Among his autumn pleasures was the watching the first work of his architect grandson-a new bell-tower at the House of Mercy.

The winter brought a heavy and wholly unexpected blow -the death of his only son on December 14. This bitter grief was borne with calm submission. He went on, to the fullest measure of his strength, with his accustomed work, he met all around him with his usual gentle smile, but those who watched him closely saw that the spring of his life was broken, and from that day his strength failed more and more rapidly.

Still, for nearly two years he worked on, till, after his return home from Ryde, in the summer of 1901, he was laid by with a slight internal attack, from the effects of which he never wholly rallied. In October he seemed much better, and on the 26th of that month he was able to preside at the reelection of the Mother Superior. On that day he visited the Convalescent Hospital, as well as the House of Mercy, doing more than he had done for long, and was bright in the evening, and pleased to have got through so much. The next day he did not feel able to rise, and on the following morning, the Feast of St. Simon and St. Jude, he passed away without pain or struggle, in the presence of his two daughters and a nursing Sister.
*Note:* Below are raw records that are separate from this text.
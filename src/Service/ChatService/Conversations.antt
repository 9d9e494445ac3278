-- ===== src/Service/ChatService/Conversations.antt =====
-- The id of the conversation of two users.
use lite_im.Prelude.{
  ℕ, ◌+◌, ◌-◌, ◌*◌, ◌%◌, ◌^◌, ◌≤◌, ◌<◌, ◌≡◌, ◌≢◌, refl, sym, subst, ◌⊎◌, inl, inr, ◌↔◌, Bool, true,
  false, ◌&&◌, ◌||◌, ltb, ◌==◌, if◌then◌else◌, min, max, arith, Bool-cases,
}
use Prim.Native.Nat.{bit_or}
use lite_im.Prelude.Bits.{bit_or_shift}
use lite_im.Status.{Status, Result, ok, err, error, invalid_argument}
use lite_im.Service.ChatService.{
  private_conversation_id, small_user_id_conversation_base, invalid_receiver_status,
}

-- The two ways to make an id, of the smaller and the greater of two user ids.
abbrev IsNumber : ℕ → ℕ → ℕ → Type 0
IsNumber left right n =
    ((right < 10000) × (n ≡ left * 10000 + right))
    ⊎ ((10000 ≤ right) × (right < 2 ^ 32) × (n ≡ left * 2 ^ 32 + right))

abbrev IsConversation : ℕ → ℕ → ℕ → Type 0
IsConversation a b n = (a ≢ 0) × (b ≢ 0) × (a ≢ b) × IsNumber (min a b) (max a b) n

large_number :
    (left right : ℕ)
    → left < 2 ^ 32
    → right < 2 ^ 32
    → bit_or (left * 2 ^ 32 % 2 ^ 64) right ≡ left * 2 ^ 32 + right
large_number left right h h' =
    let small : left * 2 ^ 32 % 2 ^ 64 ≡ left * 2 ^ 32 = omega arith in
    rw (small) (bit_or_shift 32 left right h')

module _ {A : Type 0} (a : A) where
  guard-ok :
      (t : Bool) (x : Status) (r : Result A)
      → (if t then err x else r) ≡ ok a
      → (t ≡ false) × (r ≡ ok a)
  guard-ok true x r e = absurd (ground (arith, e))
  guard-ok false x r e = (refl, e)

  branch-ok :
      (t : Bool) (r r' : Result A)
      → (if t then r else r') ≡ ok a
      → ((t ≡ true) × (r ≡ ok a)) ⊎ ((t ≡ false) × (r' ≡ ok a))
  branch-ok true r r' e = inl (refl, e)
  branch-ok false r r' e = inr (refl, e)

private_conversation_id-IsConversation :
    (a b n : ℕ) → private_conversation_id a b ≡ ok n → IsConversation a b n
unfolding private_conversation_id
private_conversation_id-IsConversation a b n e =
    let left : ℕ = min a b in
    let right : ℕ = max a b in
    let wide : Result ℕ = ok (bit_or (left * 2 ^ 32 % 2 ^ 64) right) in
    let too_large : Status =
      error invalid_argument "user id is too large for private conversation id" in
    let (some_users, e1) = guard-ok n (a == 0 || b == 0 || a == b) invalid_receiver_status _ e in
    let number : IsNumber (min a b) (max a b) n =
      elim (branch-ok n
        (ltb left small_user_id_conversation_base && ltb right small_user_id_conversation_base) _ _
        e1) [
          | inl (s, e2) ↦ inl (ground (arith, s), ground (arith, e2))
          | inr (s, e2) ↦
              let (fits, e3) = guard-ok n (ltb (2 ^ 32 - 1) right) too_large wide e2 in
              let fits' : max a b < 2 ^ 32 = ground (arith, fits) in
              let least : min a b < 2 ^ 32 = omega arith in
              let same = large_number (min a b) (max a b) least fits' in
              inr (ground (arith, s), fits', ground (arith, e3, same))
        ] in
    (
      (λ q. ground (arith, some_users, q)),
      (λ q. ground (arith, some_users, q)),
      (λ q. ground (arith, some_users, q)),
      number,
    )

same_number :
    (l r l' r' n : ℕ)
    → l ≢ 0
    → l' ≢ 0
    → l < r
    → l' < r'
    → IsNumber l r n
    → IsNumber l' r' n
    → (l ≡ l') × (r ≡ r')
same_number l r l' r' n z z' h h' k k' = ground (arith, z, z', h, h', k, k')

one_number : (l r n m : ℕ) → IsNumber l r n → IsNumber l r m → n ≡ m
one_number l r n m k k' = ground (arith, k, k')

same_ends :
    (a b c d : ℕ)
    → ((a ≡ c) × (b ≡ d)) ⊎ ((a ≡ d) × (b ≡ c))
    → (min a b ≡ min c d) × (max a b ≡ max c d)
same_ends a b c d (inl (p, q)) = (omega (arith, p, q), omega (arith, p, q))
same_ends a b c d (inr (p, q)) = (omega (arith, p, q), omega (arith, p, q))

-- Two pairs of users have the same conversation exactly where they are the same two users, in either order.
pub private_conversation_id_iff :
    (a b c d n m : ℕ)
    → private_conversation_id a b ≡ ok n
    → private_conversation_id c d ≡ ok m
    → (n ≡ m) ↔ (((a ≡ c) × (b ≡ d)) ⊎ ((a ≡ d) × (b ≡ c)))
private_conversation_id_iff a b c d n m e e' =
    let (za, zb, ne, k) = private_conversation_id-IsConversation a b n e in
    let (zc, zd, ne', k') = private_conversation_id-IsConversation c d m e' in
    (
      (λ q.
          let (x, y) =
            same_number (min a b) (max a b) (min c d) (max c d) n (omega arith) (omega arith)
              (omega arith) (omega arith) k (subst (IsNumber (min c d) (max c d)) (sym q) k') in
          ground (arith, x, y)),
      (λ p.
          let (x, y) = same_ends a b c d p in
          one_number (min c d) (max c d) n m (rw (x, y) at k) k'),
    )

-- Two different users with ids from 1 to the greatest 32-bit number have a conversation, whose id is not
-- zero and fits 64 bits.
pub private_conversation_id_total :
    (a b : ℕ)
    → a ≢ 0
    → b ≢ 0
    → a ≢ b
    → a < 2 ^ 32
    → b < 2 ^ 32
    → (n : ℕ) × (private_conversation_id a b ≡ ok n) × (n ≢ 0) × (n < 2 ^ 64)
unfolding private_conversation_id
private_conversation_id_total a b za zb ne ha hb =
    let users : (a == 0 || b == 0 || a == b) ≡ false = ground (arith, za, zb, ne) in
    let fits : ltb (2 ^ 32 - 1) (max a b) ≡ false = ground (arith, ha, hb) in
    let least : min a b < 2 ^ 32 = omega arith in
    let greatest : max a b < 2 ^ 32 = omega arith in
    let same = large_number (min a b) (max a b) least greatest in
    rw (users)
      (elim (Bool-cases (
        ltb (min a b) small_user_id_conversation_base
        && ltb (max a b) small_user_id_conversation_base)) [
          | inl s ↦ rw (s) (
            min a b * small_user_id_conversation_base + max a b,
            refl,
            (λ q. omega (arith, za, zb, q)),
            ground (arith, s),
          )
          | inr s ↦
              rw (s, fits)
                (
                  bit_or (min a b * 2 ^ 32 % 2 ^ 64) (max a b),
                  refl,
                  (λ q. omega (arith, za, zb, q, same)),
                  omega (arith, same, least, greatest),
                )
        ])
Two days later, on the eve of All Saints, he was laid beside his wife in Clewer churchyard, in the presence of a great gathering of friends and fellow-workers in those labours for the Church of God to which all his life had been given.

Canon Carter's great delight in natural beauty has often been noticed in this volume. There was a last and touching instance. At dusk, on the evening before his death, one of his daughters was about to draw the curtains. He stopped her, saying, "I want to see the star," and lay gazing at the planet which shone in unusual splendour through the window at the foot of his bed. A star appears in the background of the bronze placed in the parish church of Clewer to his memory, in remembrance of this his last look on outward things.

A few lines written by himself may here find a fitting place.

"I am deeply grateful to Almighty God for life prolonged, so that I have lived to see the result and the success of the struggles of many years, during which in His Providence I have had to bear some part. Doctrines, once fiercely opposed, now accepted or tolerated, and at least making their way more peacefully; Ritual, once still more wildly attacked, now authoritatively sanctioned, at least as to its main features; the Religious Life, once so strangely suspected, spreading everywhere; a whole Church Revival on true Catholic lines, which commenced since I was ordained, thus obtaining a settlement and bearing promise of permanence and of progress through after ages, on English grounds and according to English ideas. Thanks be to God!"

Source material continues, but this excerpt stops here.